How will an adequate money supply affect the economy and stock markets in 2024?

Mondo Finance Updated on 2024-02-08

Monetary policy is only one aspect of a country's important policy, and loose monetary policy alone is not enough to obtain economic growth and an active capital market. Therefore, we want to have a more accurate expectation of China's economy, finance or ** in 2024, and we also have to take a closer look at where the money is going.

A variety of information shows that Chinese investment is currently facing an obstacle - investment demand is not strong, and it is not so sensitive to capital**. One consequence of this is that there may not be a shortage of liquidity in the market, but the money may be idling and not going to the real economy.

This can also be seen from a set of statistics from the central bank: as of the end of 2023, the balance of China's broad money**, or M2, is as high as 29227 trillion yuan, an average annual increase of 24 trillion yuan in the past four years, and the growth rate is several times that of China's economy.

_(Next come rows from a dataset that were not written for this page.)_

-- ===== src/Lifespan/Quiet.antt =====
-- After `shutdown`, the threads of a limiter do next to nothing more.
use redis_rate_limiter.Prelude.{
  ℕ, ◌+◌, ◌≤◌, ◌≡◌, refl, Bool, true, Option, none, some, List, ◌∷◌, arith,
}
use redis_rate_limiter.Loop
use redis_rate_limiter.Loop.{
  Thread, stopped, looping, watching, draining, Loop, wakes, shuts_down, advances, perform,
}
use redis_rate_limiter.Loop.Shutdown.{IsClosing, may_begin, wake-IsClosing, advance-IsClosing}
use redis_rate_limiter.Subscriber.{SenderId, Poll, nothing, control, failed, message}
use redis_rate_limiter.Lifespan.{
  Place, head, polling, ended, Listener, hear, listen_on, Watch, waiting, checking, over,
  HealthThread, watch_on, close_loop, close_listener, close_health, close, the_monitor, the_loop,
  the_listener, Background, Happening, closes, occur, occur_all,
}
use redis_rate_limiter.Lifespan.Keeps.{AllOf, Keeps, occur_all-Kept}

-- A message that the listener is already waiting for may still be heard.
abbrev may_hear : Place → ℕ
may_hear polling = 1
may_hear _ = 0

record IsDeaf (n : ℕ) (s : Listener) : Type 0 where
  pub closed : s.shutdown ≡ true
  pub few : s.heard + may_hear s.place ≤ n

record IsBlind (n : ℕ) (h : HealthThread) : Type 0 where
  pub closed : h.shutdown ≡ true
  pub same : h.checks ≡ n

listen_on-IsDeaf :
    (foreign : SenderId → Bool) (poll : Poll) (n : ℕ) (place : Place) (s : Listener)
    → s.place ≡ place
    → IsDeaf n s
    → IsDeaf n (listen_on foreign poll place s).0
unfolding listen_on hear
listen_on-IsDeaf foreign poll n head s at d = ground arith
listen_on-IsDeaf foreign nothing n polling s at d = ground arith
listen_on-IsDeaf foreign control n polling s at d = ground arith
listen_on-IsDeaf foreign failed n polling s at d = ground arith
listen_on-IsDeaf foreign (message sender) n polling s at d = ground arith
listen_on-IsDeaf foreign poll n ended s at d = d

watch_on-IsBlind :
    (n : ℕ) (watch : Watch) (h : HealthThread)
    → h.watch ≡ watch
    → IsBlind n h
    → IsBlind n (watch_on watch h)
unfolding watch_on
watch_on-IsBlind n waiting h at d = ground arith
watch_on-IsBlind n checking h at d = ground arith
watch_on-IsBlind n over h at d = d

perform-IsClosing : (n : ℕ) (e : Loop.Event) (l : Loop) → IsClosing n l → IsClosing n (perform e l)
unfolding perform
perform-IsClosing n (wakes now delay) l c = wake-IsClosing n now delay l c
perform-IsClosing n shuts_down l c = record { closed = refl; few = c.few }
perform-IsClosing n (advances now) l c = advance-IsClosing n now l.thread l refl c

abbrev Anything : {A : Type 0} → A → Type 0
Anything a = Unit {0}

loop-Keeps : (n : ℕ) (foreign : SenderId → Bool) → Keeps (IsClosing n) Anything Anything foreign
loop-Keeps n foreign = record {
  wakes = wake-IsClosing n;
  performs = perform-IsClosing n;
  listens = λ poll s q. tt;
  deafens = λ s q. tt;
  watches = λ h q. tt;
  blinds = λ h q. tt;
}

listener-Keeps : (n : ℕ) (foreign : SenderId → Bool) → Keeps Anything (IsDeaf n) Anything foreign
listener-Keeps n foreign = record {
  wakes = λ now delay l p. tt;
  performs = λ e l p. tt;
  listens = λ poll s q. listen_on-IsDeaf foreign poll n s.place s refl q;
  deafens = λ s q. record { closed = refl; few = q.few };
  watches = λ h q. tt;
  blinds = λ h q. tt;
}

monitor-Keeps : (n : ℕ) (foreign : SenderId → Bool) → Keeps Anything Anything (IsBlind n) foreign
monitor-Keeps n foreign = record {
  wakes = λ now delay l p. tt;
  performs = λ e l p. tt;
  listens = λ poll s q. tt;
  deafens = λ s q. tt;
  watches = λ h q. watch_on-IsBlind n h.watch h refl q;
  blinds = λ h q. record { closed = refl; same = q.same };
}

anything : {A : Type 0} (o : Option A) → AllOf Anything o
anything none = tt
anything (some a) = tt

abbrev pub drains_of : Option Loop → ℕ
drains_of none = 0
drains_of (some l) = l.drains

abbrev pub heard_by : Option Listener → ℕ
heard_by none = 0
heard_by (some s) = s.heard

abbrev pub checks_of : Option HealthThread → ℕ
checks_of none = 0
checks_of (some h) = h.checks

may_begin-le : (thread : Thread) → may_begin thread ≤ 1
may_begin-le stopped = omega arith
may_begin-le looping = omega arith
may_begin-le watching = omega arith
may_begin-le draining = omega arith

may_hear-le : (place : Place) → may_hear place ≤ 1
may_hear-le head = omega arith
may_hear-le polling = omega arith
may_hear-le ended = omega arith

drains-le : (n : ℕ) (o : Option Loop) → AllOf (IsClosing n) o → drains_of o ≤ n
drains-le n none c = omega arith
drains-le n (some l) c = omega (arith, c.few)

heard-le : (n : ℕ) (o : Option Listener) → AllOf (IsDeaf n) o → heard_by o ≤ n
heard-le n none d = omega arith
heard-le n (some s) d = omega (arith, d.few)

checks-le : (n : ℕ) (o : Option HealthThread) → AllOf (IsBlind n) o → checks_of o ≤ n
checks-le n none d = omega arith
checks-le n (some h) d = omega (arith, d.same)

close_loop-IsClosing : (o : Option Loop) → AllOf (IsClosing (drains_of o + 1)) (close_loop o)
unfolding perform
close_loop-IsClosing none = tt
close_loop-IsClosing (some l) = record { closed = refl; few = omega (arith, may_begin-le l.thread) }

close_listener-IsDeaf : (o : Option Listener) → AllOf (IsDeaf (heard_by o + 1)) (close_listener o)
close_listener-IsDeaf none = tt
close_listener-IsDeaf (some s) = record { closed = refl; few = omega (arith, may_hear-le s.place) }

close_health-IsBlind : (o : Option HealthThread) → AllOf (IsBlind (checks_of o)) (close_health o)
close_health-IsBlind none = tt
close_health-IsBlind (some h) = record { closed = refl; same = refl }

-- Whatever a limiter's threads are doing when `shutdown` reaches a part, and whatever happens afterwards,
-- in any order, messages, calls of _schedule_drain and the closing of the other parts included: behind
-- the step that closes the drain loop at most one more drain begins, behind the one that closes the
-- listener at most one more message wakes the drain loop, and behind the one that closes the monitor no
-- more health check begins.
pub close-quiet :
    (foreign : SenderId → Bool) (events : List Happening) (b : Background)
    → (drains_of (occur_all foreign (closes the_loop ∷ events) b).drain_loop
        ≤ drains_of b.drain_loop + 1)
      × (heard_by (occur_all foreign (closes the_listener ∷ events) b).subscriber
          ≤ heard_by b.subscriber + 1)
      × (checks_of (occur_all foreign (closes the_monitor ∷ events) b).monitor
          ≤ checks_of b.monitor)
unfolding occur_all occur close
close-quiet foreign events b =
    let d : ℕ = drains_of b.drain_loop + 1 in
    let n : ℕ = heard_by b.subscriber + 1 in
    let k : ℕ = checks_of b.monitor in
    let (loop, _, _) =
      occur_all-Kept (IsClosing d) Anything Anything foreign (loop-Keeps d foreign) events
        (close the_loop b)
        (close_loop-IsClosing b.drain_loop, anything b.subscriber, anything b.monitor) in
    let (_, listener, _) =
      occur_all-Kept Anything (IsDeaf n) Anything foreign (listener-Keeps n foreign) events
        (close the_listener b)
        (anything b.drain_loop, close_listener-IsDeaf b.subscriber, anything b.monitor) in
    let (_, _, monitor) =
      occur_all-Kept Anything Anything (IsBlind k) foreign (monitor-Keeps k foreign) events
        (close the_monitor b)
        (anything b.drain_loop, anything b.subscriber, close_health-IsBlind b.monitor) in
    (drains-le d _ loop, heard-le n _ listener, checks-le k _ monitor)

The so-called M2 is an important caliber of the central bank's monetary statistics, which refers to the total amount of money in circulation in society, plus demand and time deposits in financial institutions. It stands to reason that with an increase of more than 20 trillion m2 per year, a large amount of money should have flowed to the real economy and pushed up the price level. Or it can flow into the property market, **push up assets**, and let house prices or stock prices grow. However, in recent years, China's price level, stock price, real estate market, etc., have not had such obvious feedback.

At the same time, residents' deposits are increasing rapidly. From 2020 to 2023, China added 11 new RMB deposits3 trillion yuan, 99 trillion yuan, 1442 trillion yuan and 1667 trillion yuan. This is also a sign of the idling of funds.

So what to do? In order to solve this problem, the central bank has continuously lowered deposit rates since 2022, trying to drive funds out to increase investment and consumption. So far, the growth rate of deposits in banks has been much higher than the growth rate of loans. If the problem of market confidence and expectations cannot be effectively solved, even if the central bank cuts interest rates further, a large amount of funds may still be turned into deposits, rather than into real economic investment, which is the uncertainty of China's industrial investment and ** investment in 2024 that Caijing currently sees.

However, I would like to remind you that in 2023, China's automobile, e-commerce and other fields have made huge breakthroughs in going overseas. Therefore, when analyzing the monetary policy of the People's Bank of China in 2024, it is also necessary to consider its impact on the RMB exchange rate and exports.

Looking ahead to 2024, if the Fed keeps the current policy rate unchanged in the first half of the year, and the People's Bank of China cuts interest rates more sharply in the first half of the year, it may lead to further outflows of some short-term capital from Chinese mainland and increase the pressure on the RMB to depreciate.

However, for China's exports, appropriate tolerance of the depreciation of the renminbi or the increase in the fluctuation of the exchange rate may generally be conducive to the export growth of Chinese enterprises. According to estimates, the exchange rate of the RMB against the US dollar in 2024 may be 69 yuan-76 yuan, which is a very important reference value for many export enterprises and residents' asset allocation.

In order to keep the RMB exchange rate at a reasonable and balanced level, there are appropriate fluctuations, the PBOC is more likely to consider the pace and magnitude of the Fed's interest rate cuts, and if the Fed does not cut interest rates as early as the market thinks, and is not as aggressive as the market thinks, then the pace of the PBOC's monetary easing will also slow down.

Therefore, I would like to remind you that in the face of China's monetary policy, which may continue to be relaxed, as well as the resulting sufficient market liquidity, as well as the lack of confidence in financial and industrial investment, you can consider it when investing. How to choose our own investment and how to do a good job in proper asset allocation really need us to think twice.

However, the good news is that ** Huijin Company on February 6 sharply increased its position, the China Securities Regulatory Commission also publicly encouraged investment institutions to invest in a low layout, and the A** field also ushered in a long-lost large **, which is a manifestation of the recovery of confidence in the investment market, of which the relatively loose monetary policy is pointed, which obviously also plays a role in basic guarantee.